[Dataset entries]

• • • • • • •

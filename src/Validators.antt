-- ===== src/Validators.antt =====
-- The validator manager (core/validator_manager.go). Addresses are byte strings, a `big.Int` is an
-- integer of any size, and `GetVotingPowers` of the backend is a parameter.
pub mod Power
pub mod Quorum
pub mod Prepare
use go_ibft.Prelude.{
  ℕ, Bool, false, Option, none, some, List, [], ◌∷◌, Str, ◌⊎◌, inl, inr, if◌then◌else◌, add, str_eq,
}
use go_ibft.Prelude.Int.{ℤ, pos, ◌+ℤ◌, ◌*ℤ◌, ◌/ℤ◌, leb_ℤ}
use go_ibft.Prelude.Assoc.{lookup}
use go_ibft.Proto.{IbftMessage, sender, bytes_equal, from_of}

-- `map[string]*big.Int`.
abbrev pub VotingPowers : Type 0
VotingPowers = List (Str × ℤ)

pub record ValidatorManager : Type 0 where
  pub quorum_size : ℤ
  pub validators_voting_power : Option VotingPowers

-- `err_backend` stands for whatever error the backend returns.
pub data InitError : Type 0 where
  err_voting_power_not_correct err_backend : InitError

unfoldable pub new_validator_manager : ValidatorManager
new_validator_manager = record { quorum_size = pos 0; validators_voting_power = none }

unfoldable pub calculate_quorum : ℤ → ℤ
unfolding ◌*ℤ◌ ◌/ℤ◌ ◌+ℤ◌
calculate_quorum total = total *ℤ pos 2 /ℤ 3 +ℤ pos 1

unfoldable pub total_from : ℤ → VotingPowers → ℤ
unfolding ◌+ℤ◌
total_from acc [] = acc
total_from acc ((_, power) ∷ m) = total_from (acc +ℤ power) m

unfoldable pub calculate_total_voting_power : VotingPowers → ℤ
calculate_total_voting_power m = total_from (pos 0) m

-- The manager after the call, and the error if there is one.
unfoldable pub set_current_voting_power :
    ValidatorManager → VotingPowers → ValidatorManager × Option InitError
set_current_voting_power vm powers =
    let total = calculate_total_voting_power powers in
    if leb_ℤ total (pos 0) then (vm, some err_voting_power_not_correct) else (
      record vm { validators_voting_power = some powers; quorum_size = calculate_quorum total },
      none,
    )

unfoldable pub init :
    (ℕ → InitError ⊎ VotingPowers) → ValidatorManager → ℕ → ValidatorManager × Option InitError
init get_voting_powers vm height = elim (get_voting_powers height) [
  | inl err ↦ (vm, some err)
  | inr powers ↦ set_current_voting_power vm powers
]

-- The loop of `HasQuorum`.
unfoldable pub power_from : ℤ → VotingPowers → List Str → ℤ
unfolding ◌+ℤ◌
power_from acc powers [] = acc
power_from acc powers (from ∷ rest) =
    power_from (elim (lookup from powers) [ none ↦ acc | some vote ↦ acc +ℤ vote ]) powers rest

unfoldable pub has_quorum : ValidatorManager → List Str → Bool
has_quorum vm senders = elim vm.validators_voting_power [
  | none ↦ false
  | some powers ↦ leb_ℤ vm.quorum_size (power_from (pos 0) powers senders)
]

-- The loop of `HasPrepareQuorum`: `none` where the proposer is among the signers.
unfoldable pub prepare_senders : IbftMessage → List Str → List IbftMessage → Option (List Str)
prepare_senders proposal senders [] = some senders
prepare_senders proposal senders (m ∷ ms) =
    let rest = prepare_senders proposal (add (sender m) senders) ms in
    if bytes_equal (from_of m) (from_of proposal) then none else rest

-- The state's name only decides what is logged.
unfoldable pub has_prepare_quorum : ValidatorManager → Option IbftMessage → List IbftMessage → Bool
has_prepare_quorum vm none msgs = false
has_prepare_quorum vm (some proposal) msgs =
    elim (prepare_senders proposal (sender proposal ∷ []) msgs) [
      | none ↦ false
      | some senders ↦ has_quorum vm senders
    ]

unfoldable pub address_set_from : List Str → List IbftMessage → List Str
address_set_from result [] = result
address_set_from result (x ∷ xs) = address_set_from (add (sender x) result) xs

unfoldable pub convert_message_to_address_set : List IbftMessage → List Str
convert_message_to_address_set ms = address_set_from [] ms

• • • • • • •

> **Task statement**
With "ValidatorManager" as the search string, filter the records and return each line that has it.

> **Output for this task**
pub record ValidatorManager : Type 0 where
unfoldable pub new_validator_manager : ValidatorManager
    ValidatorManager → VotingPowers → ValidatorManager × Option InitError
    (ℕ → InitError ⊎ VotingPowers) → ValidatorManager → ℕ → ValidatorManager × Option InitError
unfoldable pub has_quorum : ValidatorManager → List Str → Bool
unfoldable pub has_prepare_quorum : ValidatorManager → Option IbftMessage → List IbftMessage → Bool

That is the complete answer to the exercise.